Recently Solid State Drives (SSD) are being used in place of some traditionally Hard Disk Drive (HDD) applications such as desktops, notebooks and enterprise storage systems. Both SSD and HDD appear and function similar from the outside, but let’s compare some key differences between the two technologies.
HDD were invented in the mid-1950s by IBM. While the technology has changed dramatically, the concept of a HDD is the same as 60 years ago.
Platters with the ability to store data magnetically in concentric circles (tracks) are spun by a spindle motor. A “head” on the end of an “arm” is used to read/write data on these “tracks”. This arm is attached to an actuator, or stepper motor for older hard drives, which moves the head to the track to be read or written.
Hard disk drives mechanical ability and incredibly high tolerances are amazing. The spindle motor in common HDDs spins at 5400 or 7200 revolutions per minute (RPM), with higher end server drives up to 15,000 RPM.
While the platters are spinning, the read/write head is flying over them at 3 nanometers (billionths of a meter). At this height, a dust or smoke particle can collide with the head and disrupt operation. Due to this, the head/disk assembly (HDA) of the HDD is sealed in a clean room to avoid contaminants.
Since the head needs an “air bearing” to fly over, the HDA is usually ventilated with a filter to equalize pressure, while barring the finest particulate matter. Specifically because of the need for this air bearing, unpressurized, high altitude applications are an issue for HDD.
As a comparison to Hard Disk Drives, Solid State Drives are built without any moving parts.

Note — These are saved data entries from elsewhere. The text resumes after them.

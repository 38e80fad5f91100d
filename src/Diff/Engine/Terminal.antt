-- ===== src/Diff/Engine/Terminal.antt =====
-- What a terminal makes of drawing commands. In how many columns it draws a character, and where its
-- cursor lands behind one, is its own affair, a parameter.
use oxiterm.Common.{
  ℕ, ◌*◌, ◌+◌, ◌<◌, ◌≤◌, ◌≡◌, refl, false, not, ltb, Option, none, some, List, [], ◌∷◌, ◌++◌,
  get_elem?, ◌==◌, if◌then◌else◌,
}
use oxiterm.Buffer.{Cell, CellBuffer}
use oxiterm.Diff.Engine.{Pen, plain, columns}
use oxiterm.Diff.{AnsiCommand, move_cursor, set_color, write_char, set_modifiers}

-- What is seen at a place of the screen.
pub record Glyph : Type 0 where
  pub ch : ℕ
  pub pen : Pen

abbrev pub pen_of : Cell → Pen
pen_of c = record {
  fg = c.fg;
  bg = c.bg;
  bold = c.bold;
  underline = c.underline;
  italic = c.italic;
}

abbrev pub glyph : Cell → Glyph
glyph c = record { ch = c.ch; pen = pen_of c }

-- The screen gives the glyph that starts at a column and a row; `none` where there is a part of a
-- wider glyph, or what is left of one that was written over in part.
pub record Terminal : Type 0 where
  pub col : ℕ
  pub row : ℕ
  pub pen : Pen
  pub screen : ℕ → ℕ → Option Glyph

-- How many columns the terminal draws a character in, and where its cursor lands behind one.
pub record Device : Type 0 where
  pub taken : ℕ → ℕ
  pub landed : ℕ → ℕ → ℕ → ℕ × ℕ

module _ (taken : ℕ → ℕ) where
  -- What is left to the left of a column that is written: a glyph that reaches over it is gone.
  abbrev pub left_of : ℕ → ℕ → Option Glyph → Option Glyph
  left_of col x none = none
  left_of col x (some g) = if ltb col (x + taken g.ch) then none else some g

  -- A glyph is written: the columns behind its first one show no other.
  abbrev pub put : (ℕ → ℕ → Option Glyph) → ℕ → ℕ → Glyph → ℕ → ℕ → Option Glyph
  put screen col row g x y =
      if not (y == row)
      then screen x y
      else if x == col
      then some g
      else if ltb x col
      then left_of col x (screen x y)
      else if ltb x (col + taken g.ch)
      then none
      else screen x y

module _ (device : Device) where
  unfoldable pub apply : Terminal → AnsiCommand → Terminal
  apply t (move_cursor x y) = record t { col = x; row = y }
  apply t (set_color fg bg) = record t { pen = record t.pen { fg = fg; bg = bg } }
  apply t (set_modifiers bold underline italic) = record t {
    pen = record t.pen { bold = bold; underline = underline; italic = italic };
  }
  apply t (write_char ch) =
      let g : Glyph = record { ch = ch; pen = t.pen } in
      record t {
        screen = put device.taken t.screen t.col t.row g;
        col = (device.landed ch t.col t.row).0;
        row = (device.landed ch t.col t.row).1;
      }
  apply t AnsiCommand.reset = record t { pen = plain }

  unfoldable pub run : Terminal → List AnsiCommand → Terminal
  unfolding apply
  run t [] = t
  run t (c ∷ cs) = run (apply t c) cs

  pub run-snoc :
      (t : Terminal) (cs : List AnsiCommand) (c : AnsiCommand)
      → run t (cs ++ c ∷ []) ≡ apply (run t cs) c
  unfolding run
  run-snoc t [] c = refl
  run-snoc t (c' ∷ cs) c = run-snoc (apply t c') cs c

-- The screen shows every cell of the frame that is not the rest of a wide character.
abbrev pub Shows : CellBuffer → (ℕ → ℕ → Option Glyph) → Type 0
Shows b screen =
    (x y : ℕ) (c : Cell)
    → x < b.width
    → get_elem? b.cells (y * b.width + x) ≡ some c
    → c.skip ≡ false
    → screen x y ≡ some (glyph c)

module _ (char_width : ℕ → Option ℕ) (device : Device) where
  -- Each glyph of the frame that the terminal draws over a place, that of the place included, is
  -- drawn as wide as `diff` counts it.
  abbrev pub DrawnAsCounted : CellBuffer → ℕ → ℕ → Type 0
  DrawnAsCounted b x y =
      (x' : ℕ) (c' : Cell)
      → get_elem? b.cells (y * b.width + x') ≡ some c'
      → c'.skip ≡ false
      → x' ≤ x
      → x < x' + device.taken c'.ch
      → device.taken c'.ch ≡ columns char_width c'.ch

  -- The screen shows those of the cells that are drawn as counted.
  abbrev pub ShowsCounted : CellBuffer → (ℕ → ℕ → Option Glyph) → Type 0
  ShowsCounted b screen =
      (x y : ℕ) (c : Cell)
      → x < b.width
      → get_elem? b.cells (y * b.width + x) ≡ some c
      → c.skip ≡ false
      → DrawnAsCounted b x y
      → screen x y ≡ some (glyph c)
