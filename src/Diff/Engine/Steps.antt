-- ===== src/Diff/Engine/Steps.antt =====
-- What each step of the drawing of a cell does to the terminal that runs the commands.
use oxiterm.Common.{
  ℕ, ◌≡◌, refl, sym, ◌∙◌, ap, ap₂, Bool, true, false, ◌&&◌, Option, none, some, arith, ◌==◌, ==_iff,
  Bool-cases, inl, inr,
}
use oxiterm.Style.{AnsiColor, true_color, color256}
use oxiterm.Buffer.{Cell}
use oxiterm.Diff.{move_cursor, set_color, set_modifiers}
use oxiterm.Diff.Engine.{
  same_bool, same_color, same_cell, Pen, Drawing, is_at, place, colour, modify,
}
use oxiterm.Diff.Engine.Terminal.{Device, pen_of, glyph, Terminal, apply, run, run-snoc}

pub same_bool-eq : (a b : Bool) → same_bool a b ≡ true → a ≡ b
same_bool-eq true b h = sym h
same_bool-eq false true h = cc
same_bool-eq false false h = refl

pub same_color-eq : (a b : AnsiColor) → same_color a b ≡ true → a ≡ b
unfolding same_color
same_color-eq (true_color r g b) (true_color r' g' b') h = ground arith
same_color-eq (true_color r g b) (color256 n) h = cc
same_color-eq (true_color r g b) AnsiColor.reset h = cc
same_color-eq (color256 n) (true_color r g b) h = cc
same_color-eq (color256 n) (color256 n') h = ground arith
same_color-eq (color256 n) AnsiColor.reset h = cc
same_color-eq AnsiColor.reset (true_color r g b) h = cc
same_color-eq AnsiColor.reset (color256 n) h = cc
same_color-eq AnsiColor.reset AnsiColor.reset h = refl

-- Both tests of a conjunction.
pub both : (a b : Bool) → (a && b) ≡ true → (a ≡ true) × (b ≡ true)
both true b h = (refl, h)
both false b h = cc

pub same_cell-eq : (a b : Cell) → same_cell a b ≡ true → (glyph a ≡ glyph b) × (a.skip ≡ b.skip)
unfolding same_cell
same_cell-eq a b h =
    let (ch, h1) = both (a.ch == b.ch) _ h in
    let (fg, h2) = both (same_color a.fg b.fg) _ h1 in
    let (bg, h3) = both (same_color a.bg b.bg) _ h2 in
    let (bold, h4) = both (same_bool a.bold b.bold) _ h3 in
    let (underline, h5) = both (same_bool a.underline b.underline) _ h4 in
    let (italic, skip) = both (same_bool a.italic b.italic) _ h5 in
    let e1 = (==_iff a.ch b.ch).0 ch in
    let e2 = same_color-eq a.fg b.fg fg in
    let e3 = same_color-eq a.bg b.bg bg in
    let e4 = same_bool-eq a.bold b.bold bold in
    let e5 = same_bool-eq a.underline b.underline underline in
    let e6 = same_bool-eq a.italic b.italic italic in (cc, same_bool-eq a.skip b.skip skip)

module _ (device : Device) (t : Terminal) where
  -- The terminal behind the commands of a drawing.
  abbrev pub shown : Drawing → Terminal
  shown d = run device t d.commands

  -- The terminal's cursor is where the drawing takes it to be, if it takes it to be anywhere.
  abbrev pub CursorKnown : Drawing → Type 0
  CursorKnown d =
      (x y : ℕ) → d.cur_x ≡ some x → d.cur_y ≡ some y → ((shown d).col ≡ x) × ((shown d).row ≡ y)

  is_at-eq : (o : Option ℕ) (x : ℕ) → is_at o x ≡ true → o ≡ some x
  is_at-eq none x h = cc
  is_at-eq (some x') x h = ground arith

  pub place-shown :
      (d : Drawing) (x y : ℕ)
      → CursorKnown d
      → shown (place x y d) ≡ record (shown d) { col = x; row = y }
  unfolding place run apply
  place-shown d x y k = elim (Bool-cases (is_at d.cur_x x && is_at d.cur_y y)) [
    | inl e ↦
        let (ex, ey) = both (is_at d.cur_x x) (is_at d.cur_y y) e in
        let (hc, hr) = k x y (is_at-eq d.cur_x x ex) (is_at-eq d.cur_y y ey) in
        rw e (ap₂ (λ col row. record (shown d) { col = col; row = row }) hc hr)
    | inr e ↦ rw e (run-snoc device t d.commands (move_cursor x y))
  ]

  pub place-pen : (d : Drawing) (x y : ℕ) → (place x y d).pen ≡ d.pen
  unfolding place
  place-pen d x y = elim (Bool-cases (is_at d.cur_x x && is_at d.cur_y y)) [
    | inl e ↦ rw e refl
    | inr e ↦ rw e refl
  ]

  pub place-cur_y : (d : Drawing) (x y : ℕ) → (place x y d).cur_y ≡ some y
  unfolding place
  place-cur_y d x y = elim (Bool-cases (is_at d.cur_x x && is_at d.cur_y y)) [
    | inl e ↦ rw e (is_at-eq d.cur_y y (both (is_at d.cur_x x) (is_at d.cur_y y) e).1)
    | inr e ↦ rw e refl
  ]

  -- The pen takes the colours, and the terminal's pen with it.
  pub colour-shown :
      (d : Drawing) (c : Cell)
      → (shown d).pen ≡ d.pen
      → ((colour c d).pen ≡ record d.pen { fg = c.fg; bg = c.bg })
        × (shown (colour c d) ≡ record (shown d) { pen = (colour c d).pen })
        × ((colour c d).cur_y ≡ d.cur_y)
  unfolding colour run apply
  colour-shown d c k = elim (Bool-cases (same_color c.fg d.pen.fg && same_color c.bg d.pen.bg)) [
    | inl e ↦
        let (f, b) = both (same_color c.fg d.pen.fg) (same_color c.bg d.pen.bg) e in
        rw e (
          ap₂ (λ fg bg. record d.pen { fg = fg; bg = bg }) (sym (same_color-eq c.fg d.pen.fg f))
              (sym (same_color-eq c.bg d.pen.bg b)),
          ap (λ pen. record (shown d) { pen = pen }) k,
          refl,
        )
    | inr e ↦ rw e (
      refl,
      run-snoc device t d.commands (set_color c.fg c.bg)
          ∙ ap (λ (pen : Pen). record (shown d) { pen = record pen { fg = c.fg; bg = c.bg } }) k,
      refl,
    )
  ]

  pub modify-shown :
      (d : Drawing) (c : Cell)
      → (shown d).pen ≡ d.pen
      → ((modify c d).pen
          ≡ record d.pen { bold = c.bold; underline = c.underline; italic = c.italic })
        × (shown (modify c d) ≡ record (shown d) { pen = (modify c d).pen })
        × ((modify c d).cur_y ≡ d.cur_y)
  unfolding modify run apply
  modify-shown d c k =
      elim (Bool-cases (
        same_bool c.bold d.pen.bold
        && (same_bool c.underline d.pen.underline && same_bool c.italic d.pen.italic))) [
          | inl e ↦
              let (b, ui) = both (same_bool c.bold d.pen.bold) _ e in
              let (u, i) = both (same_bool c.underline d.pen.underline) _ ui in
              let eb = same_bool-eq c.bold d.pen.bold b in
              let eu = same_bool-eq c.underline d.pen.underline u in
              let ei = same_bool-eq c.italic d.pen.italic i in
              rw e ((rw (eb, eu, ei) refl), ap (λ pen. record (shown d) { pen = pen }) k, refl)
          | inr e ↦ rw e (
            refl,
            run-snoc device t d.commands (set_modifiers c.bold c.underline c.italic)
                ∙ ap
                    (λ (pen : Pen). record (shown d) {
                      pen = record pen {
                        bold = c.bold;
                        underline = c.underline;
                        italic = c.italic;
                      };
                    })
                    k,
            refl,
          )
        ]

  -- The terminal stands at the cell, with the cell's colours and modifiers.
  pub record Brushed (d d' : Drawing) (x y : ℕ) (c : Cell) : Type 0 where
    pub terminal : shown d' ≡ record (shown d) { col = x; row = y; pen = pen_of c }
    pub pen : d'.pen ≡ pen_of c
    pub cur_y : d'.cur_y ≡ some y

  pub draw-Brushed :
      (d : Drawing) (x y : ℕ) (c : Cell)
      → (shown d).pen ≡ d.pen
      → CursorKnown d
      → Brushed d (modify c (colour c (place x y d))) x y c
  draw-Brushed d x y c k cursor =
      let e0 = place-shown d x y cursor in
      let p0 = place-pen d x y in
      let (p1, e1, y1) =
        colour-shown (place x y d) c (ap (λ (t : Terminal). t.pen) e0 ∙ k ∙ sym p0) in
      let d1 = colour c (place x y d) in
      let (p2, e2, y2) = modify-shown d1 c (ap (λ (t : Terminal). t.pen) e1) in
      let pen : (modify c d1).pen ≡ pen_of c =
        p2
        ∙ ap
            (λ (pen : Pen). record pen {
              bold = c.bold;
              underline = c.underline;
              italic = c.italic;
            })
            p1 in
      record {
        terminal =
            e2
            ∙ ap₂ (λ (t : Terminal) pen. record t { pen = pen })
                (e1 ∙ ap₂ (λ (t : Terminal) pen. record t { pen = pen }) e0 refl) pen;
        pen = pen;
        cur_y = y2 ∙ y1 ∙ place-cur_y d x y;
      }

This eliminates the issues of mechanical parts breaking, wearing out or getting out of alignment. In addition, an SSD is much less susceptible to damage from high shock and vibration environments than HDD.
When a HDD needs to read or write data, it must first move the head to the right track (seek time) and then wait for the platter to rotate to the correct spot on the track (rotational latency) where data is to be stored/read. SSD are all solid-state and avoid these mechanical delays. This makes SSD substantially faster than HDD, especially for applications focused on small transactional data.
Both HDD and SSD have unlimited number of read cycles. HDD also have unlimited writes.
Due to limitations with the NAND memory, SSD have a finite number of writes. The number of endurance cycles is based significantly on the type of SSD (Consumer, Industrial), the NAND type (SLC, MLC, TLC) and the trace width/geometry (4x, 3x, 2x, 1x nm) of the NAND components. See this white paper for more details.
This write cycle limitation of SSDs is usually rated as Endurance cycles per logical block or more recently several Commercial/Enterprise SSDs are rating this as TBW (Terabytes Written) for the life of the SSD.
Other benefits of SSD over HDD are zero noise, better battery life, lower system temperatures and quicker boot and application load times.
The main answer - - cost and capacity.
HDDs are being produced in the 3 Terabyte range today. For the same amount of money as the 3TB HDD, you would only get a 120GB SSD based on MLC NAND. If you choose to go the higher reliability route of Industrial Grade SSD, the difference becomes much wider.
Over time, HDDs will continue to increase capacity while selling for the same or similar costs. SSDs will continue to lower costs for the same capacity. For example, a mainstream 240GB MLC SSD may have a similar selling price as the 3TB HDD in 2015, but a 4TB HDD may be available for the same price as well.